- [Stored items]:
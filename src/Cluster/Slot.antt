-- ===== src/Cluster/Slot.antt =====
-- cluster/slot.go: CRC16-XMODEM with its table, and the hash slot of a key, which honours hash tags.
pub mod Tags
pub mod Crc
use learning_redis.Common.{
  ℕ, zero, suc, ◌+◌, ◌-◌, ◌*◌, ◌/◌, ◌%◌, ◌^◌, List, [], ◌∷◌, Bytes, Bool, Option, none, some, ltb,
  ◌==◌, not, if◌then◌else◌, get_elem?, take, drop, bit_and, bit_xor, ◌>>=◌,
}

abbrev pub num_slots : ℕ
num_slots = 16384

-- One round of the inner loop: `crc&0x8000 != 0` chooses whether the polynomial is added.
unfoldable pub crc_round : ℕ → ℕ
crc_round crc =
    if not (bit_and crc 0x8000 == 0) then bit_xor (crc * 2 % 65536) 0x1021 else crc * 2 % 65536

unfoldable pub crc_rounds : ℕ → ℕ → ℕ
unfolding crc_round
crc_rounds zero crc = crc
crc_rounds (suc n) crc = crc_rounds n (crc_round crc)

-- The entry `i` of `crc16tab`.
unfoldable pub table_entry : ℕ → ℕ
unfolding crc_rounds
table_entry i = crc_rounds 8 (i * 256 % 65536)

-- The list of the entries from `i` on.
unfoldable pub table_from : ℕ → ℕ → List ℕ
unfolding table_entry
table_from zero i = []
table_from (suc n) i = table_entry i ∷ table_from n (i + 1)

unfoldable pub crc16tab : List ℕ
unfolding table_from
crc16tab = table_from 256 0

-- `none` is an index out of range.
unfoldable pub crc16_from : ℕ → Bytes → Option ℕ
unfolding crc16tab
crc16_from crc [] = some crc
crc16_from crc (c ∷ cs) = do
  entry ← get_elem? crc16tab (bit_xor (crc / 256 % 256) c)
  crc16_from (bit_xor (crc * 256 % 65536) entry) cs

unfoldable pub crc16 : Bytes → Option ℕ
unfolding crc16_from
crc16 s = crc16_from 0 s

-- `indexByte(s, c, from)`, with the -1 of no match as `none`; the list is `s[from:]`.
unfoldable pub index_byte_from : Bytes → ℕ → ℕ → Option ℕ
index_byte_from [] c i = none
index_byte_from (x ∷ xs) c i =
    let rest = index_byte_from xs c (i + 1) in if x == c then some i else rest

unfoldable pub index_byte : Bytes → ℕ → ℕ → Option ℕ
unfolding index_byte_from
index_byte s c start = index_byte_from (drop start s) c start

-- The part of the key that is hashed: between the first `{`, at `open_at`, and the first `}` after it,
-- unless one of the two is missing or nothing stands between them.
unfoldable pub tag_to : Bytes → ℕ → Option ℕ → Bytes
tag_to key open_at none = key
tag_to key open_at (some close_at) =
    if ltb (open_at + 1) close_at
    then take (close_at - (open_at + 1)) (drop (open_at + 1) key)
    else key

unfoldable pub tag_from : Bytes → Option ℕ → Bytes
unfolding tag_to index_byte
tag_from key none = key
tag_from key (some open_at) = tag_to key open_at (index_byte key b'}' (open_at + 1))

unfoldable pub hash_part : Bytes → Bytes
unfolding tag_from
hash_part key = tag_from key (index_byte key b'{' 0)

unfoldable pub key_hash_slot : Bytes → Option ℕ
unfolding hash_part crc16
key_hash_slot key = do crc ← crc16 (hash_part key); some (bit_and crc (num_slots - 1))
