-- ===== src/Cluster/Layout.antt =====
-- The layout of cluster/config.go, as a node reads it after startup.
use learning_redis.Common.{ℕ, List, Bytes, Option, none, some, ltb, if◌then◌else◌, get_elem?}
use learning_redis.Common.Int.{ℤ, pos, negsuc}
use learning_redis.Cluster.Slot.{num_slots}

-- An inclusive range.
pub record SlotRange : Type 0 where
  pub start : ℕ
  pub end : ℕ

pub record Node : Type 0 where
  pub name : Bytes
  pub addr : Bytes
  pub port : ℤ
  pub id : Bytes
  pub slots : List SlotRange

-- A pointer to a node is its position in `nodes`; a nil one is `none`. `owner` has an entry a slot.
pub record Layout : Type 0 where
  pub nodes : List Node
  pub self : Option ℕ
  pub owner : List (Option ℕ)

abbrev pub owner_entry : Option (Option ℕ) → Option ℕ
owner_entry none = none
owner_entry (some o) = o

-- `Owner`: nil outside the slots.
unfoldable pub owner_of : Layout → ℤ → Option ℕ
owner_of l (negsuc n) = none
owner_of l (pos slot) = if ltb slot num_slots then owner_entry (get_elem? l.owner slot) else none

- [Problem statement]:
Transcribe each of the records above exactly.

- [Output of the exercise]:
filename src/Cluster/Slot.antt
-- ===== src/Cluster/Slot.antt =====
-- cluster/slot.go: CRC16-XMODEM with its table, and the hash slot of a key, which honours hash tags.
pub mod Tags
pub mod Crc
use learning_redis.Common.{
  ℕ, zero, suc, ◌+◌, ◌-◌, ◌*◌, ◌/◌, ◌%◌, ◌^◌, List, [], ◌∷◌, Bytes, Bool, Option, none, some, ltb,
  ◌==◌, not, if◌then◌else◌, get_elem?, take, drop, bit_and, bit_xor, ◌>>=◌,
}

abbrev pub num_slots : ℕ
num_slots = 16384

-- One round of the inner loop: `crc&0x8000 != 0` chooses whether the polynomial is added.
unfoldable pub crc_round : ℕ → ℕ
crc_round crc =
    if not (bit_and crc 0x8000 == 0) then bit_xor (crc * 2 % 65536) 0x1021 else crc * 2 % 65536

unfoldable pub crc_rounds : ℕ → ℕ → ℕ
unfolding crc_round
crc_rounds zero crc = crc
crc_rounds (suc n) crc = crc_rounds n (crc_round crc)

-- The entry `i` of `crc16tab`.
unfoldable pub table_entry : ℕ → ℕ
unfolding crc_rounds
table_entry i = crc_rounds 8 (i * 256 % 65536)

-- The list of the entries from `i` on.
unfoldable pub table_from : ℕ → ℕ → List ℕ
unfolding table_entry
table_from zero i = []
table_from (suc n) i = table_entry i ∷ table_from n (i + 1)

unfoldable pub crc16tab : List ℕ
unfolding table_from
crc16tab = table_from 256 0

-- `none` is an index out of range.
unfoldable pub crc16_from : ℕ → Bytes → Option ℕ
unfolding crc16tab
crc16_from crc [] = some crc
crc16_from crc (c ∷ cs) = do
  entry ← get_elem? crc16tab (bit_xor (crc / 256 % 256) c)
  crc16_from (bit_xor (crc * 256 % 65536) entry) cs

unfoldable pub crc16 : Bytes → Option ℕ
unfolding crc16_from
crc16 s = crc16_from 0 s

-- `indexByte(s, c, from)`, with the -1 of no match as `none`; the list is `s[from:]`.
unfoldable pub index_byte_from : Bytes → ℕ → ℕ → Option ℕ
index_byte_from [] c i = none
index_byte_from (x ∷ xs) c i =
    let rest = index_byte_from xs c (i + 1) in if x == c then some i else rest

unfoldable pub index_byte : Bytes → ℕ → ℕ → Option ℕ
unfolding index_byte_from
index_byte s c start = index_byte_from (drop start s) c start

-- The part of the key that is hashed: between the first `{`, at `open_at`, and the first `}` after it,
-- unless one of the two is missing or nothing stands between them.
unfoldable pub tag_to : Bytes → ℕ → Option ℕ → Bytes
tag_to key open_at none = key
tag_to key open_at (some close_at) =
    if ltb (open_at + 1) close_at
    then take (close_at - (open_at + 1)) (drop (open_at + 1) key)
    else key

unfoldable pub tag_from : Bytes → Option ℕ → Bytes
unfolding tag_to index_byte
tag_from key none = key
tag_from key (some open_at) = tag_to key open_at (index_byte key b'}' (open_at + 1))

unfoldable pub hash_part : Bytes → Bytes
unfolding tag_from
hash_part key = tag_from key (index_byte key b'{' 0)

unfoldable pub key_hash_slot : Bytes → Option ℕ
unfolding hash_part crc16
key_hash_slot key = do crc ← crc16 (hash_part key); some (bit_and crc (num_slots - 1))
-- ===== src/Cluster/Layout.antt =====
-- The layout of cluster/config.go, as a node reads it after startup.
use learning_redis.Common.{ℕ, List, Bytes, Option, none, some, ltb, if◌then◌else◌, get_elem?}
use learning_redis.Common.Int.{ℤ, pos, negsuc}
use learning_redis.Cluster.Slot.{num_slots}

-- An inclusive range.
pub record SlotRange : Type 0 where
  pub start : ℕ
  pub end : ℕ

pub record Node : Type 0 where
  pub name : Bytes
  pub addr : Bytes
  pub port : ℤ
  pub id : Bytes
  pub slots : List SlotRange

-- A pointer to a node is its position in `nodes`; a nil one is `none`. `owner` has an entry a slot.
pub record Layout : Type 0 where
  pub nodes : List Node
  pub self : Option ℕ
  pub owner : List (Option ℕ)

abbrev pub owner_entry : Option (Option ℕ) → Option ℕ
owner_entry none = none
owner_entry (some o) = o

-- `Owner`: nil outside the slots.
unfoldable pub owner_of : Layout → ℤ → Option ℕ
owner_of l (negsuc n) = none
owner_of l (pos slot) = if ltb slot num_slots then owner_entry (get_elem? l.owner slot) else none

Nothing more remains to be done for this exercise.